Yeah, aren’t you curious as to what he’s looking at? Well, aren’t you?

Okay, okay, I get it. Yes, some guys actually do have a problem with porn; they are addicted to looking at pictures, and some of them masturbate so much that they barely have enough energy for you later on. That’s why you need to lock them up in a chastity device, so they will only be able to…

Hold on, wait,  sorry — That’s the current motto of the chastity nuts on the internet, and is not in any way reflective of real life. Or, at least, real mature, adult life.

And yes, some women become very insecure about the porn that their partners might be looking at because they are constantly comparing themselves, and I think that there is some merit to discussing this. If you are a size 4 woman with B-cup boobs, and your partner is ogling a copy of Big’Uns in the basement behind the furnace, then it’s natural for you to wonder if your partner is thinking about someone else, someone you can’t possibly emulate. 

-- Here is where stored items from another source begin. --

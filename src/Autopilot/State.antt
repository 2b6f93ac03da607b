-- ===== src/Autopilot/State.antt =====
-- What `AutopilotSupervisor` keeps, asks and writes.
use wander_mind.Prelude.{ℕ, ◌+◌, Text, Bool, Option, none, some, List, ◌∷◌}
use wander_mind.Float.{Float, FloatOps}
use wander_mind.Exec.{Result, ok, err, Exec}
use wander_mind.Models.Thought.{KnowledgeItem, Wonder}
use wander_mind.Models.Quality.{QualityGateResult, SkipReason}
use wander_mind.Models.Budget.{WanderBudget}
use wander_mind.Models.Session.{WanderSession}
use wander_mind.Models.Graph.{KnowledgeEdge}
use wander_mind.Models.Campaign.{AutopilotCampaign}
use wander_mind.Quality.{AutopilotQualityPolicy}

-- `overflow_error` is Python's `OverflowError`, `component_error` any exception of what is asked.
pub data AutopilotError : Type 0 where
  overflow_error component_error : AutopilotError

-- How `ingest_text` comes back.
pub data Ingested : Type 0 where
  stored : KnowledgeItem → Ingested
  duplicate : SkipReason → Ingested
  failed : Ingested

-- The seed of a plan.
pub record PlannedSeed : Type 0 where
  pub id : ℕ
  pub mode : Text
  pub pair_key : Text

-- The arguments of `__init__` and everything that is asked, each question numbered; an answer `none`
-- of `create_session` is an exception. `after t d` is `t + timedelta(seconds=d)`.
pub record Services : Type 0 where
  pub ops : FloatOps
  pub quality_policy : AutopilotQualityPolicy
  pub promotion_threshold : Float
  pub cycle_delay_seconds : Float
  pub objective : Text
  pub budget : Option WanderBudget
  pub utc_now : ℕ → ℕ
  pub uuid4 : ℕ → ℕ
  pub after : ℕ → Float → ℕ
  pub get_session : ℕ → ℕ → Option WanderSession
  pub is_active : ℕ → ℕ → Bool
  pub plan : ℕ → AutopilotCampaign → Option PlannedSeed
  pub create_session : ℕ → PlannedSeed → WanderBudget → Option ℕ
  pub candidate_count : ℕ → ℕ → ℕ
  pub list_wonders : ℕ → List Wonder
  pub list_knowledge : ℕ → List KnowledgeItem
  pub runtime_calls : ℕ → ℕ → ℕ
  pub ingest_text : ℕ → Wonder → QualityGateResult → Ingested

pub data AutopilotWrite : Type 0 where
  seed_row : PlannedSeed → AutopilotWrite
  wonder_row : Wonder → AutopilotWrite
  knowledge_row : KnowledgeItem → AutopilotWrite
  edge_row : KnowledgeEdge → AutopilotWrite
  campaign_row : AutopilotCampaign → AutopilotWrite
  submitted stop_requested : ℕ → AutopilotWrite

-- `campaign` is the row of the campaign, of which there is one at most, since it is created only
-- where there is none. The newest write comes first.
pub record AutopilotState : Type 0 where
  pub tick : ℕ
  pub campaign : Option AutopilotCampaign
  pub writes : List AutopilotWrite

abbrev pub Pilot : Type 0 → Type 0
Pilot A = Exec AutopilotError AutopilotState A

unfoldable pub ask : {A : Type 0} → (ℕ → A) → Pilot A
ask question s = (ok (question s.tick), record s { tick = s.tick + 1 })

abbrev pub answered : {A : Type 0} → Option A → Result AutopilotError A
answered none = err component_error
answered (some a) = ok a

unfoldable pub attempt : {A : Type 0} → (ℕ → Option A) → Pilot A
attempt question s = (answered (question s.tick), record s { tick = s.tick + 1 })

unfoldable pub write : AutopilotWrite → Pilot (Unit {0})
write row s = (ok tt, record s { writes = row ∷ s.writes })

-- `_save`
unfoldable pub save : ℕ → AutopilotCampaign → Pilot (Unit {0})
save now campaign s =
    let updated = record campaign { updated_at = now } in
    (ok tt, record s { campaign = some updated; writes = campaign_row updated ∷ s.writes })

But these are issues that mature adults should be able to discuss, and come to some kind of agreement or compromise. I’ve heard from real-life woman friends who have bemoaned their husband’s “porn addiction,” only to discover later that hubby’s “porn” was a Sports Illustrated swimsuit calendar, or a Playboy Playmate poster; the latter is especially ironic considering that the tv show “The Girls Next Door”(about “Playmates” living in the various Playboy mansions) is watched mainly by women.

Look, sometimes relationships turn weird simply because people fail to treat each other like adults. I once had a partner that used to think it was her job to “catch” me doing things wrong, whether is was cleaning the bathroom, tracking dirt on the floor, or replacing the toilet paper the wrong way on the roll. Each time she “caught” me doing something that was perfectly normal for me (which wasn’t porn, by the way), but that she didn’t like, we had a huge argument. I spent a couple of miserable years learning to hide things, until one day I suddenly realized what I was doing (i.e., acting like a teenager), and just stopped hiding, and began insisting  that if she had a problem, she was welcome to talk to me like an adult, but until then, I’d continue to do things my way.

The relationship lasted about a month after that, which taught me that some people actually do want to play out their child/parent models, or at least, can’t seem to think in other ways. So, if this is you, then by all means buy the porn sniffers. But don’t be surprised when he starts password protecting his accounts, and finds other ways to hide things from you.